▶ **Directions for this task**: A line counts if it contains the word "then" at least once. State how many such lines the records contain, giving the number alone.

━━━ Recorded information ━━━

-- ===== src/Vault/Race/Reading/Invariant.antt =====
-- What holds at every step of goroutines that only read and lock.
use touchvault.Base.{
  ℕ, zero, suc, Bool, true, false, Bytes, none, some, List, [], ◌∷◌, ◌≡◌, ◌≢◌, refl, arith, ap,
  Option-cases, inl, inr, nth, if◌then◌else◌,
}
use touchvault.Effects.Programs.{Prog, run}
use touchvault.Platform.{Platform}
use touchvault.Threads.{Thread, idle, waits, runs, Log, System}
use touchvault.Vault.Session.{Machine, lock}
use touchvault.Vault.Shared.{Shared, set_nth}
use touchvault.Vault.Goroutines.{Request, Reply, respond}
use touchvault.Vault.Goroutines.Reading.{is_quiet, state_at}
use touchvault.Vault.Race.{data_key_of, machine_of, put_back, in_session}
use touchvault.Vault.Race.Steps.{set_nth-missing}
use touchvault.Vault.Race.Quiet.{Keeps}
use touchvault.Vault.Race.Reading.{was_locked_in, AnsweredIn}

nth-set_nth :
    (n : ℕ) (ks : List Bytes) (d k : Bytes) → nth n ks ≡ some d → nth n (set_nth n k ks) ≡ some k
unfolding nth set_nth
nth-set_nth n [] d k e = absurd (ground (arith))
nth-set_nth zero (x ∷ ks) d k e = refl
nth-set_nth (suc n) (x ∷ ks) d k e = nth-set_nth n ks d k e

nth-set_other : (n j : ℕ) (ks : List Bytes) (k : Bytes) → j ≢ n → nth j (set_nth n k ks) ≡ nth j ks
unfolding nth set_nth
nth-set_other n j [] k ne = refl
nth-set_other zero zero (x ∷ ks) k ne = absurd (ne refl)
nth-set_other zero (suc j) (x ∷ ks) k ne = refl
nth-set_other (suc n) zero (x ∷ ks) k ne = refl
nth-set_other (suc n) (suc j) (x ∷ ks) k ne = nth-set_other n j ks k (λ e. ne (ap suc e))

module _ (P : Platform) where
  -- The data keys after a step of a session.
  pub data_key_of-put_back :
      (n : ℕ) (m : Machine P) (t : Shared P)
      → (data_key_of P n t ≡ [] → m.session.data_key ≡ [])
      → data_key_of P n (put_back P n m t) ≡ m.session.data_key
  unfolding data_key_of
  data_key_of-put_back n m t dropped = elim (Option-cases (nth n t.data_keys)) [
    | inl missing ↦ ground (arith, set_nth-missing n t.data_keys m.session.data_key missing)
    | inr (d, found) ↦ ground (arith, nth-set_nth n t.data_keys d m.session.data_key found)
  ]

  pub data_key_of-other :
      (n j : ℕ) (m : Machine P) (t : Shared P)
      → j ≢ n
      → data_key_of P j (put_back P n m t) ≡ data_key_of P j t
  unfolding data_key_of
  data_key_of-other n j m t ne = ground (arith, nth-set_other n j t.data_keys m.session.data_key ne)

module _ (P : Platform) (st : Shared P) where
  -- The data key of a session by whether it has been locked.
  abbrev pub key_at : ℕ → Bool → Bytes
  key_at n b = if b then [] else data_key_of P n st

  -- A goroutine in a call of a session: what it has left gives what the call alone gives.
  pub record IsReadingOn (t : Shared P) (n : ℕ) (q : Request P) (b : Bool)
      (p : Prog (Shared P) Reply) : Type 0 where
    pub rest : Prog (Machine P) Reply
    pub here : p ≡ in_session P n rest
    pub keeps : Keeps rest
    pub quiet : is_quiet q ≡ true
    pub gives : run rest (machine_of P n t) ≡ respond P q (state_at P (machine_of P n st) b)

  -- A goroutine that is in no call, waits to make a call that only reads or locks, or makes one.
  abbrev pub OnThread :
      Shared P → Log (ℕ × Request P) Reply → Thread (Shared P) (ℕ × Request P) Reply → Type 0
  OnThread t log idle = Unit
  OnThread t log (waits (n, q)) = is_quiet q ≡ true
  OnThread t log (runs (n, q) p) = IsReadingOn t n q (was_locked_in n log) p

  pub record IsReading (y : System (Shared P) (ℕ × Request P) Reply) : Type 0 where
    pub doc : y.shared.doc ≡ st.doc
    pub opts : y.shared.opts ≡ st.opts
    pub world : y.shared.world ≡ st.world
    pub keys :
        (n : ℕ) → y.holder n ≡ none → data_key_of P n y.shared ≡ key_at n (was_locked_in n y.log)
    pub threads : (i : ℕ) → OnThread y.shared y.log (y.thread i)
    pub answered : AnsweredIn st y.log

  pub same_machine :
      (n : ℕ) (b : Bool) (t : Shared P)
      → t.doc ≡ st.doc
      → t.opts ≡ st.opts
      → t.world ≡ st.world
      → data_key_of P n t ≡ key_at n b
      → machine_of P n t ≡ state_at P (machine_of P n st) b
  unfolding lock
  same_machine n true t d o w k = cc (d, o, w, k)
  same_machine n false t d o w k = cc (d, o, w, k)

━━━

▶ **Exercise output**: 2